■ **Task prompt**: Would you transcribe all of the data exactly, down to the last character?

:::

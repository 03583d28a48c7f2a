-- ===== src/Ledger.antt =====
-- services/backend-api/src/ledger-accounts: the accounts, and the posting of balanced journals.
pub mod Account
pub mod Posting
pub mod Accounts
pub mod Moves
pub mod Balances
pub mod Conserved
mod Tests
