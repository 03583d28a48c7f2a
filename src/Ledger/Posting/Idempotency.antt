-- ===== src/Ledger/Posting/Idempotency.antt =====
-- Retries: the same idempotency key is posted at most once.
use myturn_webportal.Prelude.{
  ◌≡◌, refl, sym, ◌∙◌, inl, inr, true, none, some, List, [], ◌∷◌, arith, if◌then◌else◌, Bool-cases,
  ok, ◌+◌, ℕ, ◌≤◌,
}
use myturn_webportal.Ledger.Posting.Journal.{IdempotencyKey, journal_beq, journal_beq_iff}
use myturn_webportal.Ledger.Posting.Cases.{post_journal-cases}
use myturn_webportal.Ledger.Posting.{
  PostingLine, LedgerTransaction, Ledger, Posted, find_transaction, assert_balanced,
  post_journal_in_tx,
}

find_transaction-cons :
    (key : IdempotencyKey) (t : LedgerTransaction) (ts : List LedgerTransaction)
    → t.idempotency_key ≡ key
    → find_transaction key (t ∷ ts) ≡ some t
unfolding find_transaction
find_transaction-cons key t ts e = rw ((journal_beq_iff t.idempotency_key key).1 e)

-- After a posting, its key finds the transaction that it returned.
pub post_journal-find :
    (key : IdempotencyKey) (lines : List PostingLine) (before : Ledger) {p : Posted}
    {after : Ledger}
    → post_journal_in_tx key lines before ≡ ok (p, after)
    → find_transaction key after.transactions ≡ some p.transaction
post_journal-find key lines before {p} {after} h = elim (post_journal-cases key lines before h) [
  | inl fresh ↦
      rw fresh.recorded (find_transaction-cons key p.transaction before.transactions fresh.key_kept)
  | inr old ↦ rw old.unchanged old.found
]

-- A retry with the same key, whatever balanced lines it has, returns the first transaction, says
-- that it is a duplicate and writes nothing.
pub post_journal-retry :
    (key : IdempotencyKey) (lines retried : List PostingLine) (before : Ledger) {p : Posted}
    {after : Ledger}
    → post_journal_in_tx key lines before ≡ ok (p, after)
    → assert_balanced retried ≡ ok tt
    → post_journal_in_tx key retried after
      ≡ ok (record { transaction = p.transaction; duplicate = true }, after)
unfolding post_journal_in_tx
post_journal-retry key lines retried before {p} {after} h b =
    rw (b, post_journal-find key lines before h)

-- How many transactions carry a key.
abbrev pub count_key : IdempotencyKey → List LedgerTransaction → ℕ
count_key key [] = 0
count_key key (t ∷ ts) = (if journal_beq t.idempotency_key key then 1 else 0) + count_key key ts

count_key-unused :
    (key : IdempotencyKey) (ts : List LedgerTransaction)
    → find_transaction key ts ≡ none
    → count_key key ts ≡ 0
unfolding find_transaction
count_key-unused key [] h = refl
count_key-unused key (t ∷ ts) h = ground (arith, count_key-unused key ts)

-- `idempotencyKey @unique`: no two transactions share a key, and posting keeps that.
abbrev HasUniqueKeys : Ledger → Type 0
HasUniqueKeys l = (key : IdempotencyKey) → count_key key l.transactions ≤ 1

post_new-count :
    (key other : IdempotencyKey) (t : LedgerTransaction) (ts : List LedgerTransaction)
    → t.idempotency_key ≡ key
    → find_transaction key ts ≡ none
    → count_key other ts ≤ 1
    → count_key other (t ∷ ts) ≤ 1
post_new-count key other t ts e unused h = elim (Bool-cases (journal_beq t.idempotency_key other)) [
  | inl same ↦
      let key_other : key ≡ other = sym e ∙ (journal_beq_iff t.idempotency_key other).0 same in
      let none_yet : count_key other ts ≡ 0 = rw (← key_other) (count_key-unused key ts unused) in
      rw same (omega arith)
  | inr differs ↦ rw differs (omega arith)
]

-- If no two transactions share an idempotency key, then none do after a posting.
post_journal-HasUniqueKeys :
    (key : IdempotencyKey) (lines : List PostingLine) (before : Ledger) {p : Posted}
    {after : Ledger}
    → HasUniqueKeys before
    → post_journal_in_tx key lines before ≡ ok (p, after)
    → HasUniqueKeys after
post_journal-HasUniqueKeys key lines before {p} {after} unique h other =
    elim (post_journal-cases key lines before h) [
      | inl fresh ↦ rw fresh.recorded (
          post_new-count key other p.transaction before.transactions fresh.key_kept fresh.unused
            (unique other))
      | inr old ↦ rw old.unchanged (unique other)
    ]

:::

■ **Response area**:
repository 03583d28a48c7f2a
-- ===== src/Ledger.antt =====
-- services/backend-api/src/ledger-accounts: the accounts, and the posting of balanced journals.
pub mod Account
pub mod Posting
pub mod Accounts
pub mod Moves
pub mod Balances
pub mod Conserved
mod Tests
repository 03583d28a48c7f2a
filename src/Ledger/Posting/Idempotency.antt
-- ===== src/Ledger/Posting/Idempotency.antt =====
-- Retries: the same idempotency key is posted at most once.
use myturn_webportal.Prelude.{
  ◌≡◌, refl, sym, ◌∙◌, inl, inr, true, none, some, List, [], ◌∷◌, arith, if◌then◌else◌, Bool-cases,
  ok, ◌+◌, ℕ, ◌≤◌,
}
use myturn_webportal.Ledger.Posting.Journal.{IdempotencyKey, journal_beq, journal_beq_iff}
use myturn_webportal.Ledger.Posting.Cases.{post_journal-cases}
use myturn_webportal.Ledger.Posting.{
  PostingLine, LedgerTransaction, Ledger, Posted, find_transaction, assert_balanced,
  post_journal_in_tx,
}

find_transaction-cons :
    (key : IdempotencyKey) (t : LedgerTransaction) (ts : List LedgerTransaction)
    → t.idempotency_key ≡ key
    → find_transaction key (t ∷ ts) ≡ some t
unfolding find_transaction
find_transaction-cons key t ts e = rw ((journal_beq_iff t.idempotency_key key).1 e)

-- After a posting, its key finds the transaction that it returned.
pub post_journal-find :
    (key : IdempotencyKey) (lines : List PostingLine) (before : Ledger) {p : Posted}
    {after : Ledger}
    → post_journal_in_tx key lines before ≡ ok (p, after)
    → find_transaction key after.transactions ≡ some p.transaction
post_journal-find key lines before {p} {after} h = elim (post_journal-cases key lines before h) [
  | inl fresh ↦
      rw fresh.recorded (find_transaction-cons key p.transaction before.transactions fresh.key_kept)
  | inr old ↦ rw old.unchanged old.found
]

-- A retry with the same key, whatever balanced lines it has, returns the first transaction, says
-- that it is a duplicate and writes nothing.
pub post_journal-retry :
    (key : IdempotencyKey) (lines retried : List PostingLine) (before : Ledger) {p : Posted}
    {after : Ledger}
    → post_journal_in_tx key lines before ≡ ok (p, after)
    → assert_balanced retried ≡ ok tt
    → post_journal_in_tx key retried after
      ≡ ok (record { transaction = p.transaction; duplicate = true }, after)
unfolding post_journal_in_tx
post_journal-retry key lines retried before {p} {after} h b =
    rw (b, post_journal-find key lines before h)

-- How many transactions carry a key.
abbrev pub count_key : IdempotencyKey → List LedgerTransaction → ℕ
count_key key [] = 0
count_key key (t ∷ ts) = (if journal_beq t.idempotency_key key then 1 else 0) + count_key key ts

count_key-unused :
    (key : IdempotencyKey) (ts : List LedgerTransaction)
    → find_transaction key ts ≡ none
    → count_key key ts ≡ 0
unfolding find_transaction
count_key-unused key [] h = refl
count_key-unused key (t ∷ ts) h = ground (arith, count_key-unused key ts)

-- `idempotencyKey @unique`: no two transactions share a key, and posting keeps that.
abbrev HasUniqueKeys : Ledger → Type 0
HasUniqueKeys l = (key : IdempotencyKey) → count_key key l.transactions ≤ 1

post_new-count :
    (key other : IdempotencyKey) (t : LedgerTransaction) (ts : List LedgerTransaction)
    → t.idempotency_key ≡ key
    → find_transaction key ts ≡ none
    → count_key other ts ≤ 1
    → count_key other (t ∷ ts) ≤ 1
post_new-count key other t ts e unused h = elim (Bool-cases (journal_beq t.idempotency_key other)) [
  | inl same ↦
      let key_other : key ≡ other = sym e ∙ (journal_beq_iff t.idempotency_key other).0 same in
      let none_yet : count_key other ts ≡ 0 = rw (← key_other) (count_key-unused key ts unused) in
      rw same (omega arith)
  | inr differs ↦ rw differs (omega arith)
]

-- If no two transactions share an idempotency key, then none do after a posting.
post_journal-HasUniqueKeys :
    (key : IdempotencyKey) (lines : List PostingLine) (before : Ledger) {p : Posted}
    {after : Ledger}
    → HasUniqueKeys before
    → post_journal_in_tx key lines before ≡ ok (p, after)
    → HasUniqueKeys after
post_journal-HasUniqueKeys key lines before {p} {after} unique h other =
    elim (post_journal-cases key lines before h) [
      | inl fresh ↦ rw fresh.recorded (
          post_new-count key other p.transaction before.transactions fresh.key_kept fresh.unused
            (unique other))
      | inr old ↦ rw old.unchanged (unique other)
    ]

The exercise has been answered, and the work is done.